# Correct Pruning?



## buzz sawyer (Apr 20, 2006)

The attached photos show three trees in my neighborhood that were pruned this past Fall or Winter. (I believe they are water locust, but haven't taken a close look). From what I've read, it seems like they were butchered, but several other trees (pin oaks) in the area have been pruned this way and have done very well. They have a nice shape and haven't developed dead wood. Some seem to have an extreme amount of shoots (lions tail?) at the ends of the branches.

My question is this. Is it acceptable to prune like this if the three looks good with foliage or is this simply to extreme for the good of the tree?


----------



## kennertree (Apr 20, 2006)

Its topping. An unacceptable practice done by non professional tree companys. That is horrible.


----------



## yooper (Apr 21, 2006)

*Topping*

Topping which is a poor maintenance practice often used to control the size of a tree. it involves the indiscriminate cutting of branches and stems leaving long stubs. There are synonyms that include rounding-over, heading-back, dehorning, capping and hat-racking. it is often improperly referred to as pollarding,which is the annual removal of all the previous years growth, 
i would not advise this to do to any tree as the end result will usually not be good in the long run.


----------



## Insometry (Apr 21, 2006)

A bunch of trees in the Joplin area look like that. 

I couldn't believe it.


----------



## grnlfclimber (Apr 21, 2006)

I have seen this in my part of the world also. It's a travesty to carve up a tree to make a buck. Not to mention it looks like HAMMERD Crap!:angry2: :bang:


----------



## treeseer (Apr 21, 2006)

Appearances can be deceiving. Even if you don't see dead wood, that type of pruning causes interior wood to die and decay. The extreme sprouting that you are seeing will be poorly attached, so the tree will be less safe in the long run than if the trees had never been hacked.

http://www.treesaregood.com/treecare/topping.aspx

Whoever did that work should either learn their trade or get out of it.:help:


----------



## xtremetrees (Apr 21, 2006)

Correct pruning would be only trimming trees during dormancy, and removals the rest of the year?


----------



## treeseer (Apr 21, 2006)

xtremetrees said:


> Correct pruning would be only trimming trees during dormancy, and removals the rest of the year?



Who said that? Makes no sense  to me.


----------



## buzz sawyer (Apr 21, 2006)

Well, sounds like my gut feeling was right. I always thought a tree should look like it grew naturally. I never realized what an exacting science/art it is, but I'm glad to have found resources to do it correctly on this site. Again, I am extremely impressed with the dedication and professionalism I've experienced here. Thanks!


----------



## rebelman (Apr 21, 2006)

That type pruning is against ANSI standard.


----------



## Tree Frog (Apr 22, 2006)

xtremetrees said:


> Correct pruning would be only trimming trees during dormancy, and removals the rest of the year?

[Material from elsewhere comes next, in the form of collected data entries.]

-- ===== src/Fat/Unlink/Wipe.antt =====
-- Which bytes `fat_remove_entries` of ATS/myfat/fat_dir.c writes.
use ats_ldd.Base.{
  ℕ, zero, suc, ◌+◌, ◌-◌, ◌*◌, ◌/◌, ◌%◌, ◌≤◌, ◌<◌, ◌≡◌, ◌⊎◌, inl, inr, refl, sym, ap, ap₂, subst,
  ◌∙◌, Bool, false, ◌&&◌, ◌||◌, ok, none, some, if◌then◌else◌, ◌==◌, arith,
}
use native.Mathlib.Nat.{zero-add, add-zero}
use native.Mathlib.Nat.{mul-mod_right, mul-div_right}
use ats_ldd.Fat.Volume.{Geometry, Device, Volume, blocksize}
use ats_ldd.Fat.Cluster.{FatInode}
use ats_ldd.Fat.Dir.{Disk, Address, entry, entry_size, deleted_flag, dir_per_block, fat_get_entry}
use ats_ldd.Fat.Dir.Slots.{
  IsMapped, entry_count, slot_at, get_lem, next_parts, dir_per_block_pos, blocksize-dir_per_block,
}
use ats_ldd.Fat.Unlink.{delete, wipe_up, wipe_down, mark, sync_dir, __fat_remove_entries}

module _ (slot : ℕ → Address) where
  -- Whether byte `o` of block `b` is the first one of entry `i`.
  abbrev pub name_byte : ℕ → ℕ → ℕ → Bool
  name_byte i b o = (slot i).0 == b && (slot i).1 == o

  -- Whether it is the first one of an entry from `a` on, of `n`.
  abbrev pub hit : ℕ → ℕ → ℕ → ℕ → Bool
  hit a zero b o = false
  hit a (suc n) b o = name_byte a b o || hit (suc a) n b o

  -- The `n` entries from `a` on are marked as deleted, and nothing else is written.
  abbrev pub Wiped : (ℕ → ℕ → ℕ) → (ℕ → ℕ → ℕ) → ℕ → ℕ → Type 0
  Wiped m m' a n = (b o : ℕ) → m' b o ≡ (if hit a n b o then deleted_flag else m b o)

  hit-add : (a n p b o : ℕ) → hit a (n + p) b o ≡ (hit a n b o || hit (a + n) p b o)
  hit-add a zero p b o = rw zero-add (rw add-zero refl)
  hit-add a (suc n) p b o =
      let rest = hit-add (suc a) n p b o in
      let same : hit (suc a + n) p b o ≡ hit (a + suc n) p b o =
        ap (λ (x : ℕ). hit x p b o) (omega arith) in
      let succ : suc n + p ≡ suc (n + p) = omega arith in
      let step : hit a (suc n + p) b o ≡ hit a (suc (n + p)) b o =
        ap (λ (x : ℕ). hit a x b o) succ in
      ground arith

  hit-last : (a n b o : ℕ) → hit a (suc n) b o ≡ (hit a n b o || name_byte (a + n) b o)
  hit-last a zero b o =
      let same : name_byte (a + 0) b o ≡ name_byte a b o =
        ap (λ (x : ℕ). name_byte x b o) (omega arith) in
      ground arith
  hit-last a (suc n) b o =
      let rest = hit-last (suc a) n b o in
      let same : name_byte (suc a + n) b o ≡ name_byte (a + suc n) b o =
        ap (λ (x : ℕ). name_byte x b o) (omega arith) in
      ground arith

  -- One entry more, before or after.
  Wiped-first :
      (m m' : ℕ → ℕ → ℕ) (a n b e : ℕ)
      → slot a ≡ (b, e * 32)
      → Wiped (delete m b e) m' (suc a) n
      → Wiped m m' a (suc n)
  unfolding delete
  Wiped-first m m' a n b e s w x o =
      let here : name_byte a x o ≡ (b == x && e * 32 == o) =
        ap (λ (p : Address). p.0 == x && p.1 == o) s in
      let rest = w x o in ground arith

  Wiped-last :
      (m m' : ℕ → ℕ → ℕ) (a n b e : ℕ)
      → slot (a + n) ≡ (b, e * 32)
      → Wiped (delete m b e) m' a n
      → Wiped m m' a (suc n)
  unfolding delete
  Wiped-last m m' a n b e s w x o =
      let here : name_byte (a + n) x o ≡ (b == x && e * 32 == o) =
        ap (λ (p : Address). p.0 == x && p.1 == o) s in
      let split = hit-last a n x o in let rest = w x o in ground arith

  Wiped-add :
      (m m' m2 : ℕ → ℕ → ℕ) (a n p : ℕ)
      → Wiped m m' a n
      → Wiped m' m2 (a + n) p
      → Wiped m m2 a (n + p)
  Wiped-add m m' m2 a n p w v b o =
      let split = hit-add a n p b o in let one = w b o in let two = v b o in ground arith

  pub Wiped-before :
      (m m' m2 : ℕ → ℕ → ℕ) (a n p : ℕ)
      → Wiped m m' (a + n) p
      → Wiped m' m2 a n
      → Wiped m m2 a (n + p)
  Wiped-before m m' m2 a n p w v b o =
      let split = hit-add a n p b o in let one = w b o in let two = v b o in ground arith

  wipe_up_lem :
      (left nr i e b : ℕ) (m : ℕ → ℕ → ℕ)
      → ((u : ℕ) → u < left → slot (i + u) ≡ (b, (e + u) * 32))
      → (t : ℕ) × Wiped m (wipe_up m b e left nr).0 i t
        × ((wipe_up m b e left nr).1 + t ≡ nr)
        × ((t ≡ left) ⊎ ((wipe_up m b e left nr).1 ≡ 0))
  unfolding wipe_up
  wipe_up_lem zero nr i e b m s = (0, (λ x o. refl), omega arith, inl refl)
  wipe_up_lem (suc left) zero i e b m s = (0, (λ x o. refl), refl, inr refl)
  wipe_up_lem (suc left) (suc nr) i e b m s =
      let (t, w, l, c) = wipe_up_lem left nr (suc i) (e + 1) b (delete m b e) (λ u h.
        ap slot (omega arith)
        ∙ s (suc u) (omega arith)
        ∙ ap (λ (x : ℕ). (b, x * 32)) (omega arith)) in
      let here : slot i ≡ (b, e * 32) =
        ap slot (omega arith) ∙ s 0 (omega arith) ∙ ap (λ (x : ℕ). (b, x * 32)) (omega arith) in
      (suc t, Wiped-first m _ i t b e here w, omega arith, full t c)
    where
      full : {l : ℕ} (t : ℕ) → (t ≡ left) ⊎ (l ≡ 0) → (suc t ≡ suc left) ⊎ (l ≡ 0)
      full t (inl y) = inl (omega arith)
      full t (inr y) = inr y

  pub wipe_down_lem :
      (e nr i b : ℕ) (m : ℕ → ℕ → ℕ)
      → ((u : ℕ) → u < e → slot (i + u) ≡ (b, u * 32))
      → (t : ℕ) × (t ≤ e)
        × Wiped m (wipe_down m b e nr).0 (i + e - t) t
        × ((wipe_down m b e nr).1 + t ≡ nr)
        × ((t ≡ e) ⊎ ((wipe_down m b e nr).1 ≡ 0))
  unfolding wipe_down
  wipe_down_lem zero nr i b m s = (0, omega arith, (λ x o. refl), omega arith, inl refl)
  wipe_down_lem (suc e) zero i b m s = (0, omega arith, (λ x o. refl), refl, inr refl)
  wipe_down_lem (suc e) (suc nr) i b m s =
      let (t, u, w, l, c) = wipe_down_lem e nr i b (delete m b e) (λ u h. s u (omega arith)) in
      let here : slot (i + e - t + t) ≡ (b, e * 32) = ap slot (omega arith) ∙ s e (omega arith) in
      let from : i + suc e - suc t ≡ i + e - t = omega arith in
      (
        suc t,
        omega arith,
        subst (λ (x : ℕ). Wiped m (wipe_down (delete m b e) b e nr).0 x (suc t)) (sym from)
            (Wiped-last m (wipe_down (delete m b e) b e nr).0 (i + e - t) t b e here w),
        omega arith,
        full t c,
      )
    where
      full : {l : ℕ} (t : ℕ) → (t ≡ e) ⊎ (l ≡ 0) → (suc t ≡ suc e) ⊎ (l ≡ 0)
      full t (inl y) = inl (omega arith)
      full t (inr y) = inr y

-- The writes to a directory reach the disk, where the directory asks for that.
abbrev pub Syncs : Device → FatInode → Type 0
Syncs d dir = (b : ℕ) → sync_dir d dir b ≡ none

round_lem :
    (d : Device) (g : Geometry) (rounds nr pos : ℕ) (k : Disk) (dir : FatInode) (c b o : ℕ)
    → fat_get_entry d g k dir (record { pos = pos; here = none })
      ≡ (entry (record { pos = c; here = some (b, o) }), k)
    → sync_dir d dir b ≡ none
    → __fat_remove_entries d g (suc rounds) k dir pos (suc nr) ≡ (
        let w = wipe_up k.byte b (o / entry_size) ((blocksize g - o) / entry_size) (suc nr) in
        __fat_remove_entries d g rounds
          (mark (record k { byte = w.0 }) b)
          dir
          (c + (suc nr - w.1) * entry_size - entry_size)
          w.1)
unfolding __fat_remove_entries
round_lem d g rounds nr pos k dir c b o e s = ground arith

-- The numbers after one in the same block.
block_parts : (n a u : ℕ) → u + a % n < n → ((a + u) / n ≡ a / n) × ((a + u) % n ≡ a % n + u)
block_parts n a zero h =
    let same : a + 0 ≡ a = omega arith in
    (ap (λ (x : ℕ). x / n) same, ap (λ (x : ℕ). x % n) same ∙ omega arith)
block_parts n a (suc u) h =
    let (q, o) = block_parts n a u (omega arith) in
    let (q2, o2) = next_parts n (a + u) (omega arith) in
    let same : a + suc u ≡ suc (a + u) = omega arith in
    (ap (λ (x : ℕ). x / n) same ∙ (q2 ∙ q), ap (λ (x : ℕ). x % n) same ∙ omega arith)

module _ {d : Device} {g : Geometry} {v : Volume} {dir : FatInode} {blocks : ℕ → ℕ}
    (mapped : IsMapped d g v dir blocks) (syncs : Syncs d dir) where
  abbrev slot : ℕ → Address
  slot = slot_at g blocks

  -- The entries of a block.
  slot_above :
      (a u : ℕ)
      → u + a % dir_per_block g < dir_per_block g
      → slot (a + u) ≡ (blocks (a / dir_per_block g), (a % dir_per_block g + u) * 32)
  unfolding slot_at
  slot_above a u h =
      let (q, o) = block_parts (dir_per_block g) a u h in ap₂ (λ (x y : ℕ). (blocks x, y * 32)) q o

  pub __fat_remove_entries_lem :
      (rounds nr a : ℕ) (k : Disk)
      → k.vol ≡ v
      → nr ≤ rounds
      → a + nr ≤ entry_count g dir
      → (k' : Disk) × (__fat_remove_entries d g rounds k dir (a * entry_size) nr ≡ (ok 0, k'))
        × (k'.vol ≡ v)
        × Wiped slot k.byte k'.byte a nr
  unfolding __fat_remove_entries mark slot_at
  __fat_remove_entries_lem rounds zero a k e h l = (k, refl, e, λ b o. refl)
  __fat_remove_entries_lem zero (suc nr) a k e h l = absurd (omega arith)
  __fat_remove_entries_lem (suc rounds) (suc nr) a k e h l =
      let n : ℕ = dir_per_block g in
      let n_pos : 1 ≤ n = dir_per_block_pos g in
      let size = blocksize-dir_per_block g mapped.entries in
      let small : a % n < n = omega arith in
      let b : ℕ = blocks (a / n) in
      let o : ℕ = a % n * 32 in
      let left : ℕ = (blocksize g - o) / 32 in
      let left_is : left ≡ n - a % n = omega arith in
      let e_is : o / 32 ≡ a % n = omega arith in
      let (t, w, used, full) =
        wipe_up_lem slot left (suc nr) a (o / 32) b k.byte
          (λ u h. slot_above a u (omega arith) ∙ ap (λ (x : ℕ). (b, x * 32)) (omega arith)) in
      let one : 1 ≤ t = one_full t (omega arith) used full in
      let l2 : ℕ = (wipe_up k.byte b (o / 32) left (suc nr)).1 in
      let m : ℕ → ℕ → ℕ = (wipe_up k.byte b (o / 32) left (suc nr)).0 in
      let k2 : Disk = mark (record k { byte = m }) b in
      let run =
        round_lem d g rounds nr (a * 32) k dir (suc a * 32) b o (get_lem mapped a k e (omega arith))
          (syncs b) in
      let pos : suc a * 32 + (suc nr - l2) * 32 - 32 ≡ (a + t) * 32 = omega arith in
      let all : t + l2 ≡ suc nr = omega arith in
      let (k', result, vol, w2) =
        __fat_remove_entries_lem rounds l2 (a + t) k2 e (omega arith) (omega arith) in
      (
        k',
        run ∙ (ap (λ (x : ℕ). __fat_remove_entries d g rounds k2 dir x l2) pos ∙ result),
        vol,
        subst (λ (x : ℕ). Wiped slot k.byte k'.byte a x) all
            (Wiped-add slot k.byte m k'.byte a t l2 w w2),
      )
    where
      one_full : {l left : ℕ} (t : ℕ) → 1 ≤ left → l + t ≡ suc nr → (t ≡ left) ⊎ (l ≡ 0) → 1 ≤ t
      one_full t h e (inl y) = omega arith
      one_full t h e (inr y) = omega arith

  -- The entries of the block that entry `j` stands in.
  pub slot_from :
      (q u : ℕ) → u < dir_per_block g → slot (dir_per_block g * q + u) ≡ (blocks q, u * 32)
  unfolding slot_at
  slot_from q u h =
      let n : ℕ = dir_per_block g in
      let start : n * q % n ≡ 0 = mul-mod_right n q in
      let whole : n * q / n ≡ q = mul-div_right q (dir_per_block_pos g) in
      let (x, y) = block_parts n (n * q) u (omega arith) in
      ap₂ (λ (b o : ℕ). (blocks b, o * 32)) (x ∙ whole) (y ∙ omega arith)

This seems strange since sap heavy trees are recommended to be pruned after leafing out. 

Here is a link to an extension that talks about pruning times:

http://www.ext.nodak.edu/county/cass/horticulture/treeshrub/when.htm


----------



## xtremetrees (Apr 22, 2006)

I can print that link.. Thanks frogman


----------



## SilentElk (Apr 22, 2006)

Those trees are fugly. Kindal ike they decided halfway through that maybe they shouldnt remove the whole tree so decided to leave the trunk.


----------



## woodchux (Apr 22, 2006)

The really crazy thing is 
around here
when people see this type of work 
some actually think this looks good 
and want their trees hacked like that too !


----------



## treeseer (Apr 23, 2006)

woodchux said:


> The really crazy thing is
> around here
> when people see this type of work
> some actually think this looks good
> and want their trees hacked like that too !



Yeah that is crazy, still happens but what can we do but make trees look like they should and advertise that look as the safest look possible.


----------



## jmack (Apr 23, 2006)

buzz sawyer said:


> The attached photos show three trees in my neighborhood that were pruned this past Fall or Winter. (I believe they are water locust, but haven't taken a close look). From what I've read, it seems like they were butchered, but several other trees (pin oaks) in the area have been pruned this way and have done very well. They have a nice shape and haven't developed dead wood. Some seem to have an extreme amount of shoots (lions tail?) at the ends of the branches.
> 
> My question is this. Is it acceptable to prune like this if the three looks good with foliage or is this simply to extreme for the good of the tree?


unacceptable practice, tree is deformed and maimed it does not look good and it is extemely unhealthy and could result in the death of the tree. a heinous crime


----------



## clearance (Apr 23, 2006)

jmack said:


> unacceptable practice, tree is deformed and maimed it does not look good and it is extemely unhealthy and could result in the death of the tree. a heinous crime


Heinous crime, how about not very good treework? How would you describe an axe murder? Calm down, its only trees.


----------



## jmack (Apr 23, 2006)

clearance said:


> Heinous crime, how about not very good treework? How would you describe an axe murder? Calm down, its only trees.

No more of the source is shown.